I would give a shot of ivormectine for mites and use neosporin for people in the eye itself.


----------



## cdtrum (Mar 28, 2009)

*Re: goats eye....need help*

Ok.....I am here this week alone and have never given shot without help of husband holding.....can I give him the ivermectin orally or does it need to be an injection? I have been putting eye ointment in the eye 2x's a day......should I up how often?
Thanks for the help, Denise


----------



## Odeon (Oct 26, 2007)

*Re: goats eye....need help*

vermec (Injectable for Cows) can be given orally. Now about the eye.. Is the actual eyeball damaged? Or just the skin on the face around the eye? Is the eye cloudy or protruding? Please give more details.

Ken


----------



## cdtrum (Mar 28, 2009)

*Re: goats eye....need help*

Well, it was just the skin around the eye.....but now that he has been scratching the heck out of it I'm not sure......I just went out and check and he was bedded down with the rest and ok.....he loss the hair around both eyes about a month ago and he is black and had a dry coat with flaky skin and, so I copper bolused him thinking it was copper def......then about a week ago I noticed the skin around the eyes looked irratated.....it has been wet and windy here and I thought maybe that had something to do with it......anyway, the one eye was getting worse so I started putting neosporin in it and thought it was getting better until tonight when I caught him going to town scratching it so bad.....now the whole eye looks swollen and the lower lid looks to be turning outward. He acts fine in every other way, eating, drinking , playing with the others. The eye is not cloudy or goopy......it waters every now and then, usually after he has had his head in the hay bag!
Sorry so long, Denise


----------



## Sondra (Oct 25, 2007)

*Re: goats eye....need help*

Ken will the ivormec given orally work for mites? 
You might try getting some of that topical meds for dogs hot spots to put on the area around the eye just don't get it in it. but will help with the itching.


----------



## cdtrum (Mar 28, 2009)

*Re: goats eye....need help*

Yes Ken, can it be given orally for mites? I'll wait to hear before giving him any Ivomec.
Thanks to you all for the help and advice! Denise


----------



## Odeon (Oct 26, 2007)

*Re: goats eye....need help*

not sure on the Mite issue (I have never had mites!). Are you sure this isnt ringworm, or a fungus?

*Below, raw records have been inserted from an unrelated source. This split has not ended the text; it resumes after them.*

-- ===== src/Dsse/Canonical/Joined.antt =====
-- crates/aep-core/src/dsse.rs: reading the parts of an array or object back from their joined text.
use wasmagent_proxy.Base.{
  ℕ, ◌≡◌, ◌≢◌, ◌⊎◌, inl, refl, sym, ap, subst, ◌∙◌, List, [], ◌∷◌, ◌++◌, append_assoc, map, Text,
  All,
}
use wasmagent_proxy.Dsse.Canonical.{join}

-- A character that can follow a value: a comma, a colon, or a closing bracket or brace.
abbrev pub IsDelimiter : ℕ → Type 0
IsDelimiter c = (c ≡ b',') ⊎ (c ≡ b':') ⊎ (c ≡ b']') ⊎ (c ≡ b'}')

-- What follows a value.
abbrev pub Ends : Text → Type 0
Ends [] = Unit
Ends (c ∷ s) = IsDelimiter c

-- The text of a value begins with a character that follows none.
pub record Begun (s : Text) : Type 0 where
  pub start : ℕ
  pub rest : Text
  pub spelled : s ≡ start ∷ rest
  pub other : ¬ IsDelimiter start

-- `p a`, followed by an end, is read back as `a`.
abbrev pub Unique : {A : Type 0} → (A → Text) → (A → Type 0) → A → Type 0
Unique p Good a =
    (b : _) (s t : Text) → Good b → Ends s → Ends t → p a ++ s ≡ p b ++ t → (a ≡ b) × (s ≡ t)

module _ {A : Type 0} (p : A → Text) (Good : A → Type 0) (close : ℕ) (closes : IsDelimiter close)
    (open_comma : close ≢ b',') where
  abbrev tail : List A → Text → Text
  tail [] s = close ∷ s
  tail (a ∷ xs) s = b',' ∷ (p a ++ tail xs s)

  join-tail :
      (a : A) (xs : List A) (s : Text) → join (map p (a ∷ xs)) ++ (close ∷ s) ≡ p a ++ tail xs s
  unfolding join
  join-tail a [] s = refl
  join-tail a (b ∷ xs) s =
      append_assoc (p a) (b',' ∷ join (map p (b ∷ xs))) (close ∷ s)
      ∙ ap (λ r. p a ++ (b',' ∷ r)) (join-tail b xs s)

  tail-Ends : (xs : List A) (s : Text) → Ends (tail xs s)
  tail-Ends [] s = closes
  tail-Ends (a ∷ xs) s = inl refl

  tails_agree :
      (xs bs : List A) (s t : Text)
      → All (Unique p Good) xs
      → All Good bs
      → tail xs s ≡ tail bs t
      → (xs ≡ bs) × (s ≡ t)
  tails_agree [] [] s t u g e = (refl, cc e)
  tails_agree [] (b ∷ bs) s t u g e = absurd (open_comma (cc e))
  tails_agree (a ∷ xs) [] s t u g e = absurd (open_comma (cc e))
  tails_agree (a ∷ xs) (b ∷ bs) s t (u, us) (g, gs) e =
      let (same, rest) = u b (tail xs s) (tail bs t) g (tail-Ends xs s) (tail-Ends bs t) (cc e) in
      let (sames, ends) = tails_agree xs bs s t us gs rest in (cc (same, sames), ends)

  Begun-not_closed : (q r s : Text) → Begun q → ¬ (q ++ r ≡ close ∷ s)
  Begun-not_closed q r s b e =
      let e' : b.start ∷ (b.rest ++ r) ≡ close ∷ s = ap (λ q. q ++ r) (sym b.spelled) ∙ e in
      b.other (subst IsDelimiter (sym (cc e')) closes)

  pub joined_agree :
      (xs bs : List A) (s t : Text)
      → All (Unique p Good) xs
      → All Good bs
      → All (λ a. Begun (p a)) xs
      → All (λ b. Begun (p b)) bs
      → join (map p xs) ++ (close ∷ s) ≡ join (map p bs) ++ (close ∷ t)
      → (xs ≡ bs) × (s ≡ t)
  unfolding join
  joined_agree [] [] s t u g x y e = (refl, cc e)
  joined_agree [] (b ∷ bs) s t u g x (y, ys) e =
      absurd (Begun-not_closed (p b) (tail bs t) s y (sym (e ∙ join-tail b bs t)))
  joined_agree (a ∷ xs) [] s t u g (x, rest_begun) y e =
      absurd (Begun-not_closed (p a) (tail xs s) t x (sym (join-tail a xs s) ∙ e))
  joined_agree (a ∷ xs) (b ∷ bs) s t (u, us) (g, gs) x y e =
      let both = sym (join-tail a xs s) ∙ (e ∙ join-tail b bs t) in
      let (same, rest) = u b (tail xs s) (tail bs t) g (tail-Ends xs s) (tail-Ends bs t) both in
      let (sames, ends) = tails_agree xs bs s t us gs rest in (cc (same, sames), ends)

It seems odd that mites would ONLY be around the eyes.


----------



## Sondra (Oct 25, 2007)

*Re: goats eye....need help*

I have never had mites either and your probably right Ken would stand to reason


----------



## cdtrum (Mar 28, 2009)

*Re: goats eye....need help*

Ok....called vet this morning, wouldn't you know the more knowledgeablr vet was out on a farm call, but anyway the vet on duty gave me some Neomycin w/ polymyxin B and Dexamethasone Ophthalmic drops.......he said also to give him an injection of antibiotic, I told him I had Biomycin and he said that was fine.........but I thought I read where giving injections for eye does nothing......is that right?


----------



## Sondra (Oct 25, 2007)

*Re: goats eye....need help*

If he is itching around the eye then the problem is what is causing the itching antibiotic injected is not going to do anything. He has injured the eye from the scratching. So find something to stop the itching use a fungicide around the outside like for (jock itch) or prep H. 
even 3% peroxide washing or vinegar wash. Don't get in the eye itself.


----------



## cdtrum (Mar 28, 2009)

*Re: goats eye....need help*

Sondra.....thank you, I had wondered about using a fungicide......I stayed up last night searching the web and was thinking maybe he picked up a fungus after loosing the hair around the eye, which I thought was from being copper def......I had read about copper def goats getting ghost eyes which sounds exactly like him........none of the other wethers are showing any signs of this and it has been a week.


----------



## Aja-Sammati (Oct 26, 2007)

*Re: goats eye....need help*

Ivomec for mites is 1 cc SQ

What kind of wether is this? I have a Nubian buck that has long hair on the edges of his ears- the way his ears are held the long hair is rubbing his eyes and making them bald and irritated around the edges, watery, too. I am going out today to clip the hair from his ears with a 40!


----------



## cdtrum (Mar 28, 2009)

*Re: goats eye....need help*

He is a pygmy mix.....no long hair.....he is black and has had skin issues since I got him at 4 months old and is now 1 & 1/2 yrs old. He has always had flaky skin and loss his hair completely 2x's......once was last winter during 10 -20 degrees! I had to order him a goat coat and he wore it for the rest of the winter.......copper bolusing has seemed to help with his coat, but now these eyes :crazy!


----------



## dragonlair (Mar 24, 2009)

*Re: goats eye....need help*

A damp tea bag used as a compress on the bad eye may help too. The tannic acid in the tea will help heal and supress some of the irritation.


----------



## cdtrum (Mar 28, 2009)

*Re: goats eye....need help*

Yep......Thanks Sully.....someone had told me to do the tea bag compresses, so I have done that.....just wish I could figure out what's up with his eyes.


----------



## cdtrum (Mar 28, 2009)

Not sure what we are dealing with...if this is pink eye, fungus, mites, but should I treat the other wethers or just keep watch on them? So far none of the others have showed any signs.


----------



## NubianSoaps.com (Oct 26, 2007)

My doe Red has this, and the more I gooped it up with stuff the worse she got. Finally I got someone out there with better eyes than me and she had eyelashes in her eye lid. You know what clears stuff up like this better than anything, especially stuff on the face, is your loose minerals. The salt is very drying, and yes I know it stings but you aren't trying to get it into his eye, just cake some on the the sore that is being formed from his weeping eye. Really look well in his eye and see why it's weeping. First came the weeping then now the loss of hair and inflammation from the weeping material matted on the corner of his eye. Not that it would hurt anyone this time of year up north if you have mites and lice and ick that can overwinter in your barn to give Ivermectin...but I don't think it's that.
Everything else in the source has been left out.